Suivi

Application migraine et pression atmosphérique : quand mesurer

Une application migraine n'a de valeur pour la pression atmosphérique que si elle horodate le changement au moment où tu notes, pas après coup.

Cette page est une traduction. En cas de divergence, la version anglaise prévaut. Lire l'original en anglais.

Des gouttes de pluie qui ruissellent sur une vitre, avec une vue floue de maisons et d'arbres à l'extérieur.

Toutes les applications de cette catégorie t’affichent un chiffre de pression. Ce qui compte, c’est à quel moment elle a pris la mesure, parce que cela détermine ce que le chiffre mesure réellement — et deux des trois réponses courantes mesurent quelque chose de presque inutile.

C’est le seul champ où le choix de l’application change vraiment ce que tu obtiens au final. Tout le reste d’un agenda de migraine survit très bien à être noté le soir même de mémoire, sur papier, ou dans une appli de notes. La pression est celle qui se dégrade silencieusement si tu la remets à plus tard.

Trois façons dont une application obtient le chiffre, et une seule est une mesure

Horodatée au moment où tu notes. L’application prend le changement de pression pour ta zone au moment où tu enregistres la crise, et l’associe à cette entrée. La mesure est fixée à l’événement.

Recherchée après coup. L’application garde une date ou un horodatage, puis va chercher plus tard la météo historique correspondante — parfois heure par heure, souvent sous forme d’un chiffre journalier pour toute une région.

Souvenue. Tu écris « lourd » ou « orage qui arrive », d’après ce que tu te rappelles du ciel.

La troisième n’est pas une donnée, et c’est pire qu’un champ vide parce que ça ressemble à une donnée. Ce que tu enregistres, c’est ta croyance sur la météo, formée après la crise, par quelqu’un qui à ce moment-là soupçonne déjà que la météo est en cause.

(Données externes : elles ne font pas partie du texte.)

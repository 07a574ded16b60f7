-- ===== src/Shell/Sync/Met.antt =====
-- The walk of `enum_cb` through the windows: what the windows that it meets send is sent.
use mathlib.Core.List.{Memᴰ}
use seamlessrdp.Base.{
  ℕ, zero, suc, ◌≤◌, ◌<◌, ◌≡◌, refl, Bool, true, false, List, [], ◌∷◌, ◌++◌, Option, none, some,
  if◌then◌else◌, arith,
}
use seamlessrdp.Shared.{hwnd_to_long}
use seamlessrdp.Hook.{Rect}
use seamlessrdp.Shell.Sync.{
  Listed, Sent, parent_of, sync_begin, sync_end, is_listed, announce, describe, append,
  report_window, enum_windows,
}
use seamlessrdp.Shell.Sync.Parents.{
  IsReport, IsRanked, IsReport-enum_windows, IsKnown-head, rank_falls,
}

-- A window that the walk over the windows of `parent` meets, with those between them.
pub data Met (all : List Listed) : ℕ → Listed → Type 0 where
  met : (parent : ℕ) (w : Listed) → Memᴰ w all → is_listed parent w ≡ true → Met all parent w
  inside :
      (parent : ℕ) (v w : Listed) (r : Rect)
      → Memᴰ v all
      → is_listed parent v ≡ true
      → v.rect ≡ some r
      → Met all v.hwnd w
      → Met all parent w

-- The calls have ended and have sent `s`.
pub Sends : Sent → Option (List Sent) → Type 0
Sends s none = ⊥
Sends s (some out) = Memᴰ s out

abbrev IsDone : Option (List Sent) → Type 0
IsDone none = ⊥
IsDone (some out) = Unit

Mem-left : (s : Sent) (out rest : List Sent) → Memᴰ s out → Memᴰ s (out ++ rest)
Mem-left s [] rest m = elim m [ ]
Mem-left s (t ∷ out) rest (Memᴰ.head e) = Memᴰ.head e
Mem-left s (t ∷ out) rest (Memᴰ.tail m) = Memᴰ.tail (Mem-left s out rest m)

Mem-right : (s : Sent) (out rest : List Sent) → Memᴰ s rest → Memᴰ s (out ++ rest)
Mem-right s [] rest m = m
Mem-right s (t ∷ out) rest m = Memᴰ.tail (Mem-right s out rest m)

Sends-left : (s : Sent) (x y : Option (List Sent)) → Sends s x → IsDone y → Sends s (append x y)
unfolding Sends
Sends-left s (some out) (some rest) m done = Mem-left s out rest m
Sends-left s (some out) none m done = done
Sends-left s none y m done = m

Sends-right : (s : Sent) (x y : Option (List Sent)) → IsDone x → Sends s y → Sends s (append x y)
unfolding Sends
Sends-right s (some out) (some rest) done m = Mem-right s out rest m
Sends-right s (some out) none done m = m
Sends-right s none y done m = done

IsReport-IsDone : (known : List ℕ) (x : Option (List Sent)) → IsReport known x → IsDone x
unfolding IsReport
IsReport-IsDone known none h = h
IsReport-IsDone known (some out) h = tt

IsDone-enum_windows :
    (rank : ℕ → ℕ) (fuel : ℕ) (all : List Listed) (parent : ℕ) (ws : List Listed)
    → IsRanked rank all
    → IsRanked rank ws
    → rank parent ≤ fuel
    → IsDone (enum_windows fuel all parent ws)
IsDone-enum_windows rank fuel all parent ws ranked here enough =
    IsReport-IsDone (hwnd_to_long parent ∷ []) _ (
      IsReport-enum_windows rank fuel all parent ws (hwnd_to_long parent ∷ []) ranked here enough
        (IsKnown-head (hwnd_to_long parent) []))

-- what `enum_cb` gets from the inner EnumWindows
abbrev children : ℕ → List Listed → Listed → Option (List Sent)
children zero all w = none
children (suc fuel) all w = enum_windows fuel all w.hwnd all

enum_windows-cons :
    (fuel : ℕ) (all : List Listed) (parent : ℕ) (w : Listed) (ws : List Listed)
    → enum_windows fuel all parent (w ∷ ws) ≡ (
        if is_listed parent w
        then append (report_window w (children fuel all w)) (enum_windows fuel all parent ws)
        else enum_windows fuel all parent ws)
unfolding enum_windows
enum_windows-cons zero all parent w ws = refl
enum_windows-cons (suc fuel) all parent w ws = refl

IsDone-append : (x y : Option (List Sent)) → IsDone (append x y) → IsDone x
IsDone-append none y done = done
IsDone-append (some out) y done = tt

met_here :
    (fuel : ℕ) (all : List Listed) (parent : ℕ) (w : Listed) (ws : List Listed) (s : Sent)
    → IsDone (enum_windows fuel all parent ws)
    → is_listed parent w ≡ true
    → Sends s (report_window w (children fuel all w))
    → Sends s (enum_windows fuel all parent (w ∷ ws))
met_here fuel all parent w ws s done listed m =
    rw (enum_windows-cons fuel all parent w ws, listed) (Sends-left s _ _ m done)

pass_by :
    (s : Sent) (listed : Bool) (x y : Option (List Sent))
    → IsDone (if listed then append x y else y)
    → Sends s y
    → Sends s (if listed then append x y else y)
pass_by s true x y done m = Sends-right s x y (IsDone-append x y done) m
pass_by s false x y done m = m

-- what a window that is met sends is sent
Sends-met :
    (rank : ℕ → ℕ) (fuel : ℕ) (all : List Listed) (parent : ℕ) (ws : List Listed) (v : Listed)
    (s : Sent)
    → IsRanked rank all
    → IsRanked rank ws
    → rank parent ≤ fuel
    → Memᴰ v ws
    → is_listed parent v ≡ true
    → Sends s (report_window v (children fuel all v))
    → Sends s (enum_windows fuel all parent ws)
Sends-met rank fuel all parent [] v s ranked here enough at listed m = elim at [ ]
Sends-met rank fuel all parent (w ∷ ws) v s ranked (h, hs) enough (Memᴰ.head e) listed m =
    rw (← e) (
      met_here fuel all parent v ws s (IsDone-enum_windows rank fuel all parent ws ranked hs enough)
        listed m)
Sends-met rank fuel all parent (w ∷ ws) v s ranked (h, hs) enough (Memᴰ.tail at) listed m =
    rw (enum_windows-cons fuel all parent w ws) (
      pass_by s (is_listed parent w) (report_window w (children fuel all w))
        (enum_windows fuel all parent ws)
        (rw (← enum_windows-cons fuel all parent w ws)
          (IsDone-enum_windows rank fuel all parent (w ∷ ws) ranked (h, hs) enough))
        (Sends-met rank fuel all parent ws v s ranked hs enough at listed m))

-- a window sends its CREATE
announced :
    (w : Listed) (rect : Option Rect) (inner : Option (List Sent))
    → w.rect ≡ rect
    → IsDone inner
    → Sends (announce w) (report_window w inner)
unfolding report_window Sends parent_of
announced w none inner e done = rw (report_window, e) (Memᴰ.head refl)
announced w (some r) (some out) e done = rw (report_window, e) (Memᴰ.head refl)
announced w (some r) none e done = absurd done

-- and a window with a rectangle what the windows below it send
passed_on :
    (v : Listed) (r : Rect) (inner : Option (List Sent)) (s : Sent)
    → v.rect ≡ some r
    → Sends s inner
    → Sends s (report_window v inner)
unfolding report_window
passed_on v r inner s e m =
    rw (report_window, e) (Sends-right s (some (announce v ∷ describe v r)) inner tt m)

ranked_at :
    (rank : ℕ → ℕ) (all : List Listed) (parent : ℕ) (v : Listed) (ws : List Listed)
    → IsRanked rank ws
    → Memᴰ v ws
    → is_listed parent v ≡ true
    → rank v.hwnd < rank parent
ranked_at rank all parent v [] here at listed = elim at [ ]
ranked_at rank all parent v (w ∷ ws) (h, hs) (Memᴰ.head e) listed =
    rank_falls rank parent v listed (rw e h)
ranked_at rank all parent v (w ∷ ws) (h, hs) (Memᴰ.tail at) listed =
    ranked_at rank all parent v ws hs at listed

pub Met-Sends :
    (rank : ℕ → ℕ) (fuel : ℕ) (all : List Listed) (parent : ℕ) (w : Listed)
    → IsRanked rank all
    → rank parent ≤ fuel
    → Met all parent w
    → Sends (announce w) (enum_windows fuel all parent all)
Met-Sends rank zero all parent w ranked enough (met p w' at listed) =
    absurd (omega (arith, ranked_at rank all parent w all ranked at listed))
Met-Sends rank zero all parent w ranked enough (inside p v w' r at listed e below) =
    absurd (omega (arith, ranked_at rank all parent v all ranked at listed))
Met-Sends rank (suc fuel) all parent w ranked enough (met p w' at listed) =
    Sends-met rank (suc fuel) all parent all w (announce w) ranked ranked enough at listed (
      announced w w.rect (enum_windows fuel all w.hwnd all) refl (
        IsDone-enum_windows rank fuel all w.hwnd all ranked ranked
          (omega (arith, ranked_at rank all parent w all ranked at listed))))
Met-Sends rank (suc fuel) all parent w ranked enough (inside p v w' r at listed e below) =
    Sends-met rank (suc fuel) all parent all v (announce w) ranked ranked enough at listed (
      passed_on v r (enum_windows fuel all v.hwnd all) (announce w) e (
        Met-Sends rank fuel all v.hwnd w ranked
          (omega (arith, ranked_at rank all parent v all ranked at listed)) below))

pub Sends-sync :
    (s : Sent) (found : Option (List Sent))
    → Sends s found
    → Sends s (elim found [ none ↦ none | some out ↦ some (sync_begin ∷ (out ++ sync_end ∷ [])) ])
unfolding Sends
Sends-sync s none m = m
Sends-sync s (some out) m = Memᴰ.tail (Mem-left s out (sync_end ∷ []) m)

La deuxième est la plus intéressante, parce que sa rigueur — ou son inutilité — dépend entièrement de détails que l’application ne te montre jamais.

Où la recherche rétrospective perd le signal

L’effet qui trouve un appui dans la recherche n’est ni une pression haute ni une pression basse. C’est une chute d’une certaine ampleur sur quelques heures. Le seul seuil chiffré de la littérature vient d’une étude de journal sur un an, et c’est une baisse de plus d’environ 5 hPa — un changement dans le temps, pas un niveau.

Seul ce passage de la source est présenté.